清澈的水珠,滴在了纸上,恰好的,滴进了画纸上其中一只眼睛里,很快,就被那双眼睛所吸收,但同时,也很快的让未干透的那双眼中的墨色,晕染了开来。
都说男儿有泪不轻弹,但是往往很多人都会忘记后面一句。
……只是未到伤心处。
城南的小四合院里。
正蜷缩在院中一方贵妃塌上熟睡的,已然穿上了女装的清丽女子,霍的一下张开了双睫,露出了眼睫下,那双冰寒彻骨的幽蓝眸子。
明明晒在太阳下,她的额头却出了一层细密的冷汗,她的脸有些白,气息有些微喘。
很快,她翻身自榻上坐起,心有余悸的大口大口呼吸着,神情有些惶惑不安。
“玉儿你怎么了?”一直在院子中央,那棵梧桐树下练剑的燕卿,虽然时刻在练剑,但是一直都没有离开她的一双眼睛,很快就发现了她的不对劲,忙收了剑势,朝她匆匆走去。
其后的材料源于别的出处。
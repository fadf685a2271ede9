-- ===== src/Common/Runs.antt =====
-- What a run of an action shows: of the state that it ends in, and of what it leaves unchanged.
use mathlib.Core.Bool.{Bool, true, false}
use mathlib.Core.Path.{◌≡◌, refl, ap, ◌∙◌, subst}
use native.Mathlib.Omega.{arith}
use kohdalab_iv.Common.Tests.{if◌then◌else◌}
use kohdalab_iv.Common.Results.{Result, ok, err}
use kohdalab_iv.Common.Exec.{Exec, ◌>>=◌, ◌>>◌, pure, fail, gets, lift, check}

module _ {S E A : Type 0} where
  -- A run from `s` that succeeds ends in a state and a value with `P`.
  pub record Ends (P : S → A → Type 0) (m : Exec S E A) (s : S) : Type 0 where
    pub ended : (s' : S) (a : A) → m s ≡ (s', ok a) → P s' a

  -- No run changes `f` of the state.
  pub record Keeps {X : Type 0} (f : S → X) (m : Exec S E A) : Type 0 where
    pub kept : (s : S) → f (m s).0 ≡ f s

  pub Keeps-pure : {X : Type 0} (f : S → X) (a : A) → Keeps f (pure {S = S} {E = E} a)
  Keeps-pure f a = record { kept = λ s. refl }

  pub Keeps-fail : {X : Type 0} (f : S → X) (e : E) → Keeps f (fail {S = S} {E = E} {A = A} e)
  Keeps-fail f e = record { kept = λ s. refl }

  pub Keeps-gets : {X : Type 0} (f : S → X) (g : S → A) → Keeps f (gets {S = S} {E = E} g)
  Keeps-gets f g = record { kept = λ s. refl }

  pub Keeps-if :
      {X : Type 0} (f : S → X) (test : Bool) {m m' : Exec S E A}
      → Keeps f m
      → Keeps f m'
      → Keeps f (if test then m else m')
  Keeps-if f true h h' = h
  Keeps-if f false h h' = h'

  pub Ends-if :
      {P : S → A → Type 0} (test : Bool) {m m' : Exec S E A} {s : S}
      → Ends P m s
      → Ends P m' s
      → Ends P (if test then m else m') s
  Ends-if true h h' = h
  Ends-if false h h' = h'

module _ {S E A B : Type 0} where
  bind-kept :
      {X : Type 0} (f : S → X) (z : S × Result A E) (k : A → Exec S E B)
      → ((a : A) → Keeps f (k a))
      → f (elim z.1 as (λ _. S × Result B E) [ ok a ↦ k a z.0 | err e ↦ (z.0, err e) ]).0 ≡ f z.0
  bind-kept f (s, ok a) k each = (each a).kept s
  bind-kept f (s, err e) k each = refl

  pub Keeps-bind :
      {X : Type 0} (f : S → X) (m : Exec S E A) (k : A → Exec S E B)
      → Keeps f m
      → ((a : A) → Keeps f (k a))
      → Keeps f (m >>= k)
  Keeps-bind f m k h each = record { kept = λ s. bind-kept f (m s) k each ∙ h.kept s }

  bind-ended :
      (P : S → B → Type 0) (z : S × Result A E) (k : A → Exec S E B)
      → ((s' : S) (a : A) → z ≡ (s', ok a) → Ends P (k a) s')
      → (s' : S) (b : B)
      → elim z.1 as (λ _. S × Result B E) [ ok a ↦ k a z.0 | err e ↦ (z.0, err e) ] ≡ (s', ok b)
      → P s' b
  bind-ended P (s, ok a) k each s' b h = (each s a refl).ended s' b h
  bind-ended P (s, err e) k each s' b h = absurd (ground arith)

  pub Ends-bind :
      {P : S → B → Type 0} (m : Exec S E A) (k : A → Exec S E B) (s : S)
      → ((s' : S) (a : A) → m s ≡ (s', ok a) → Ends P (k a) s')
      → Ends P (m >>= k) s
  Ends-bind {P} m k s each = record { ended = bind-ended P (m s) k each }

pub lift-ok :
    {S E A : Type 0} (r : Result A E) (s s' : S) (a : A)
    → lift r s ≡ (s', ok a)
    → (r ≡ ok a) × (s ≡ s')
lift-ok r s s' a h = (ap (λ z. z.1) h, ap (λ z. z.0) h)

pub check-ok :
    {S E : Type 0} (test : Bool) (e : E) (s s' : S)
    → check test e s ≡ (s', ok tt)
    → (test ≡ true) × (s ≡ s')
check-ok true e s s' h = (refl, ap (λ z. z.0) h)
check-ok false e s s' h = absurd (ground arith)

module _ {S E : Type 0} where
  -- The steps that do not change the state.
  pub Ends-gets :
      {A B : Type 0} {P : S → B → Type 0} (g : S → A) (k : A → Exec S E B) (s : S)
      → Ends P (k (g s)) s
      → Ends P (gets g >>= k) s
  Ends-gets g k s h = record { ended = h.ended }

  lift-ended :
      {A B : Type 0} (P : S → B → Type 0) (r : Result A E) (k : A → Exec S E B) (s : S)
      → ((a : A) → r ≡ ok a → Ends P (k a) s)
      → (s' : S) (b : B) → (lift r >>= k) s ≡ (s', ok b)
      → P s' b
  lift-ended P (ok a) k s each s' b h = (each a refl).ended s' b h
  lift-ended P (err e) k s each s' b h = absurd (ground arith)

  pub Ends-lift :
      {A B : Type 0} {P : S → B → Type 0} (r : Result A E) (k : A → Exec S E B) (s : S)
      → ((a : A) → r ≡ ok a → Ends P (k a) s)
      → Ends P (lift r >>= k) s
  Ends-lift {P = P} r k s each = record { ended = lift-ended P r k s each }

  lifted-ended :
      {B : Type 0} (P : S → B → Type 0) (r : Result (Unit {0}) E) (k : Exec S E B) (s : S)
      → Ends P k s
      → (s' : S) (b : B) → (lift r >> k) s ≡ (s', ok b)
      → P s' b
  lifted-ended P (ok a) k s rest s' b h = rest.ended s' b h
  lifted-ended P (err e) k s rest s' b h = absurd (ground arith)

  pub Ends-lifted :
      {B : Type 0} {P : S → B → Type 0} (r : Result (Unit {0}) E) (k : Exec S E B) (s : S)
      → Ends P k s
      → Ends P (lift r >> k) s
  Ends-lifted {P = P} r k s rest = record { ended = lifted-ended P r k s rest }

  check-ended :
      {B : Type 0} (P : S → B → Type 0) (test : Bool) (e : E) (k : Exec S E B) (s : S)
      → (test ≡ true → Ends P k s)
      → (s' : S) (b : B) → (check test e >> k) s ≡ (s', ok b)
      → P s' b
  check-ended P true e k s each s' b h = (each refl).ended s' b h
  check-ended P false e k s each s' b h = absurd (ground arith)

  pub Ends-check :
      {B : Type 0} {P : S → B → Type 0} (test : Bool) (e : E) (k : Exec S E B) (s : S)
      → (test ≡ true → Ends P k s)
      → Ends P (check test e >> k) s
  Ends-check {P = P} test e k s each = record { ended = check-ended P test e k s each }

  -- A value that was given, at the end.
  pub Ends-last :
      {A : Type 0} {P : S → A → Type 0} (r : Result A E) (s : S)
      → ((a : A) → r ≡ ok a → P s a)
      → Ends P (lift r) s
  Ends-last {P = P} r s each = record {
    ended =
        λ s' a h. let (given, same) = lift-ok r s s' a h in subst (λ v. P v a) same (each a given);
  }

  pub Ends-checked :
      {P : S → Unit {0} → Type 0} (test : Bool) (e : E) (s : S)
      → (test ≡ true → P s tt)
      → Ends P (check test e) s
  Ends-checked {P = P} test e s each = record {
    ended = λ s' a h.
        let (given, same) = check-ok test e s s' h in subst (λ v. P v tt) same (each given);
  }

  pub Ends-pure :
      {A : Type 0} {P : S → A → Type 0} (a : A) (s : S) → P s a → Ends P (pure {E = E} a) s
  Ends-pure {A = A} {P = P} a s h = record {
    ended = λ s' a' q.
        subst
          (λ (z : S × Result A E). elim z.1 as (λ _. Type 0) [ ok b ↦ P z.0 b | err e ↦ Unit {0} ])
          q h;
  }
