-- ===== src/Desktop.antt =====
-- The desktop application, crates/iv-desktop/src.
pub mod States
pub mod Safety
pub mod Engine
pub mod Control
水玉没有说话,只是右手一直捂着自己的左肩,一双娥眉,紧紧的蹙了起来。
三年了,这个曾经被他射伤的地方,却还在隐隐作痛……
她的动作很小,却仍旧没有逃脱燕卿的眼睛。
“是不是又做噩梦了?”目光闪烁了一下,燕卿便将手里的剑扔在了一旁的案几上,坐到了她的身边,抬手替她擦拭着额头上的冷汗,露出比阳光还要和煦温柔的笑靥,“有我在这,安心的睡吧,不会再有噩梦侵扰你了。”
水玉转头看他,微微的点头,很乖顺很听话的,顺势躺在了他的膝盖上,让他的双膝做自己的枕头,再度合上眼,沉沉的睡去。